**Action item**: Reproduce exactly, from the data that follows, the line with "first_missing keys [] = none", the line with "find id [] = none", and every line that lies between them.

***** Given information

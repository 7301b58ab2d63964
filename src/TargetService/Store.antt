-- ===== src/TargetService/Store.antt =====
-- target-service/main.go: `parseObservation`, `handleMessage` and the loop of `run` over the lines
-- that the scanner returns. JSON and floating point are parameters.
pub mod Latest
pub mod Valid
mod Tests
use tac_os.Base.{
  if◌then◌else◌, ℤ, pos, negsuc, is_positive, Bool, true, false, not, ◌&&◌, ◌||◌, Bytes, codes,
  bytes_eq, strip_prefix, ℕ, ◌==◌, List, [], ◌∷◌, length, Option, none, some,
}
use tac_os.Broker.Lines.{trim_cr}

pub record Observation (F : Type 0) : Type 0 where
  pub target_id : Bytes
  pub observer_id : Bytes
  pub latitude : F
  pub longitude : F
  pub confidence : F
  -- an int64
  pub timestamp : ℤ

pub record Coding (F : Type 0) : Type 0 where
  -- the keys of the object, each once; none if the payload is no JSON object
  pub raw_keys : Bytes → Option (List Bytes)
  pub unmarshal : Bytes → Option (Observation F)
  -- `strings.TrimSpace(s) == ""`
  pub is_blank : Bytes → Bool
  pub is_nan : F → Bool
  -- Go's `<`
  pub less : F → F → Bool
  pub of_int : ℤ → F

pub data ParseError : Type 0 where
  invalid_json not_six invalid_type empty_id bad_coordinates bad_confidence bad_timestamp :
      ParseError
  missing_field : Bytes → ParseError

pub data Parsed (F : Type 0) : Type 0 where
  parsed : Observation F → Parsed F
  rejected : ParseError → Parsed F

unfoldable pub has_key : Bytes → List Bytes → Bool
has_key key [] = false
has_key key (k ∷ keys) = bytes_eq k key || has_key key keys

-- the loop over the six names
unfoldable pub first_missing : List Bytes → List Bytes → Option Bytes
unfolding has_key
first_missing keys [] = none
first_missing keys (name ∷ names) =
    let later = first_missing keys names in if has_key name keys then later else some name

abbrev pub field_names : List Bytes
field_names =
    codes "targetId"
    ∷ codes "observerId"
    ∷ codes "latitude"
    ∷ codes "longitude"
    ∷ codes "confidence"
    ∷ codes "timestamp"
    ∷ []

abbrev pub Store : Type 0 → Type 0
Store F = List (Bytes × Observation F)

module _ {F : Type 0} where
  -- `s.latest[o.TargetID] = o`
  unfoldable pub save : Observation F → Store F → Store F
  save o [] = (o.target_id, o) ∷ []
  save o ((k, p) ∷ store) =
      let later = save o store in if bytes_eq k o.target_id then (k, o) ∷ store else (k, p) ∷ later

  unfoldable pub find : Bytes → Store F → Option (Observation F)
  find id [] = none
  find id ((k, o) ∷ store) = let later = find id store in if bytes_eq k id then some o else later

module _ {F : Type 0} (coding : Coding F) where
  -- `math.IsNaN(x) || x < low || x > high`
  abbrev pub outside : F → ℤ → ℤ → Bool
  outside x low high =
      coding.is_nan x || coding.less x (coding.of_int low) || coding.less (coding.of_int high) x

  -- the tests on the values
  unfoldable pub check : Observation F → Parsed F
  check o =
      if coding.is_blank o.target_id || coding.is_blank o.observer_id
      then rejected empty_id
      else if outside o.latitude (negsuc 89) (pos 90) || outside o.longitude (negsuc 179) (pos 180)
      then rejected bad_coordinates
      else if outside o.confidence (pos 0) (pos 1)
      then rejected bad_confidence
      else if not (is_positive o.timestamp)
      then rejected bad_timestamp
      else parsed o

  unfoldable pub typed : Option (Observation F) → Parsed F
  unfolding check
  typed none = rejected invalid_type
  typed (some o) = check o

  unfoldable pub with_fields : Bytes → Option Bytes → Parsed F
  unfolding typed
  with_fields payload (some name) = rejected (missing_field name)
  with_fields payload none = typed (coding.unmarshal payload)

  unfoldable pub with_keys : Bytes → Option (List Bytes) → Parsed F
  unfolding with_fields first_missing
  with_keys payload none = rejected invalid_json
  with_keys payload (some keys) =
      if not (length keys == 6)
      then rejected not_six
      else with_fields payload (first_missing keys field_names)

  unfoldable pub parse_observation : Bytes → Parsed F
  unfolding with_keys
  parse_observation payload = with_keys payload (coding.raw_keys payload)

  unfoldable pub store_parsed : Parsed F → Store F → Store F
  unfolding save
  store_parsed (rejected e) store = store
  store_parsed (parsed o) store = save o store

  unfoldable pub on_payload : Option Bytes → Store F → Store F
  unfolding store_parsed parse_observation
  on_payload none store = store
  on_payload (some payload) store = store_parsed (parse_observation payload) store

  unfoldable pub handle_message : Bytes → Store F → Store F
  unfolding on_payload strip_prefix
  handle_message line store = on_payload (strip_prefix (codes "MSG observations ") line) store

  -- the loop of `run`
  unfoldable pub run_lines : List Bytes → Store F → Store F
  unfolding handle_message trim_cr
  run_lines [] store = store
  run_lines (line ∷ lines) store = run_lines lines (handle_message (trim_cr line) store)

**********
***** Given information

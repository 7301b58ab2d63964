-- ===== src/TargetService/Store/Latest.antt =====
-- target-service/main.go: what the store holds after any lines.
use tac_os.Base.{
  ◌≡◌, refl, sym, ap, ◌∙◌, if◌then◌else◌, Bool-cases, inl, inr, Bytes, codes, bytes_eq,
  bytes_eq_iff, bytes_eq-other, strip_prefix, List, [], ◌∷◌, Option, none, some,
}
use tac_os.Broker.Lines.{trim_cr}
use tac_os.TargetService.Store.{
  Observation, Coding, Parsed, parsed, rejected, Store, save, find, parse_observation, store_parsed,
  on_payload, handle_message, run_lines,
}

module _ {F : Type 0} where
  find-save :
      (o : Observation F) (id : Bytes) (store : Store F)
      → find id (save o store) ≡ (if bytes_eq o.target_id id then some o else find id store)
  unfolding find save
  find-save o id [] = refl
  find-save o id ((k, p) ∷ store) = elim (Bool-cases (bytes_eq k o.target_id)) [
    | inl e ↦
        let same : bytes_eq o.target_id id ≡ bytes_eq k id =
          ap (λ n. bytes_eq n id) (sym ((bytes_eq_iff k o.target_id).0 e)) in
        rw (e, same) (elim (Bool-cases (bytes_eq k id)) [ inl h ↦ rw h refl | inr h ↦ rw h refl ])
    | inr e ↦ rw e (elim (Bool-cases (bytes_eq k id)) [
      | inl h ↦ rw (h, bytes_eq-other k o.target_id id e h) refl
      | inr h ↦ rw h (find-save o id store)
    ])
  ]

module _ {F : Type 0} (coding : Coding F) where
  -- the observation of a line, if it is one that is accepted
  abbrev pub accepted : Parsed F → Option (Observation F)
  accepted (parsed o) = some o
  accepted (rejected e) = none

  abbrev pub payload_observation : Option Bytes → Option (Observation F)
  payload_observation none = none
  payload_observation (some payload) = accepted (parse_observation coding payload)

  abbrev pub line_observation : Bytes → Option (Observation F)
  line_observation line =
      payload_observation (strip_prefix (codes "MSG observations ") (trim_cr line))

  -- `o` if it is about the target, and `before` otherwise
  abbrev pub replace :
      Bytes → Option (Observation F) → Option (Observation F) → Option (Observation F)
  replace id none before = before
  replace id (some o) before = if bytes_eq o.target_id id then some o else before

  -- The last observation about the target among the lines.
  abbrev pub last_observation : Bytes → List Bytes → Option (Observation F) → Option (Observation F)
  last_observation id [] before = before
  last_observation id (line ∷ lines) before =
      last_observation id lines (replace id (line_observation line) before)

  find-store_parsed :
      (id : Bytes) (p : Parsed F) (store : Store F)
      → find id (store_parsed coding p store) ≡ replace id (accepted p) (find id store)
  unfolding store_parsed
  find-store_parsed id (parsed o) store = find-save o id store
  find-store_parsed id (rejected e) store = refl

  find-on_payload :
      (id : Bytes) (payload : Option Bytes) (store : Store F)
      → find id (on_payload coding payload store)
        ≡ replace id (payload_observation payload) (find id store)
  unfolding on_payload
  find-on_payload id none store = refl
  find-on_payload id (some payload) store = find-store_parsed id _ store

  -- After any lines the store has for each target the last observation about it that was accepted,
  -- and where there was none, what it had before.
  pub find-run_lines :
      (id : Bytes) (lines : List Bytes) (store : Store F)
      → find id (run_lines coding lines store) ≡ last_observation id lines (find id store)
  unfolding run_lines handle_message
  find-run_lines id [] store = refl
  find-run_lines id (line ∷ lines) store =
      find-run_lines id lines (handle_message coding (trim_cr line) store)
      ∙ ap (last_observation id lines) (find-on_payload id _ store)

**********

**Finished task**:
first_missing keys [] = none
first_missing keys (name ∷ names) =
    let later = first_missing keys names in if has_key name keys then later else some name

abbrev pub field_names : List Bytes
field_names =
    codes "targetId"
    ∷ codes "observerId"
    ∷ codes "latitude"
    ∷ codes "longitude"
    ∷ codes "confidence"
    ∷ codes "timestamp"
    ∷ []

abbrev pub Store : Type 0 → Type 0
Store F = List (Bytes × Observation F)

module _ {F : Type 0} where
  -- `s.latest[o.TargetID] = o`
  unfoldable pub save : Observation F → Store F → Store F
  save o [] = (o.target_id, o) ∷ []
  save o ((k, p) ∷ store) =
      let later = save o store in if bytes_eq k o.target_id then (k, o) ∷ store else (k, p) ∷ later

  unfoldable pub find : Bytes → Store F → Option (Observation F)
  find id [] = none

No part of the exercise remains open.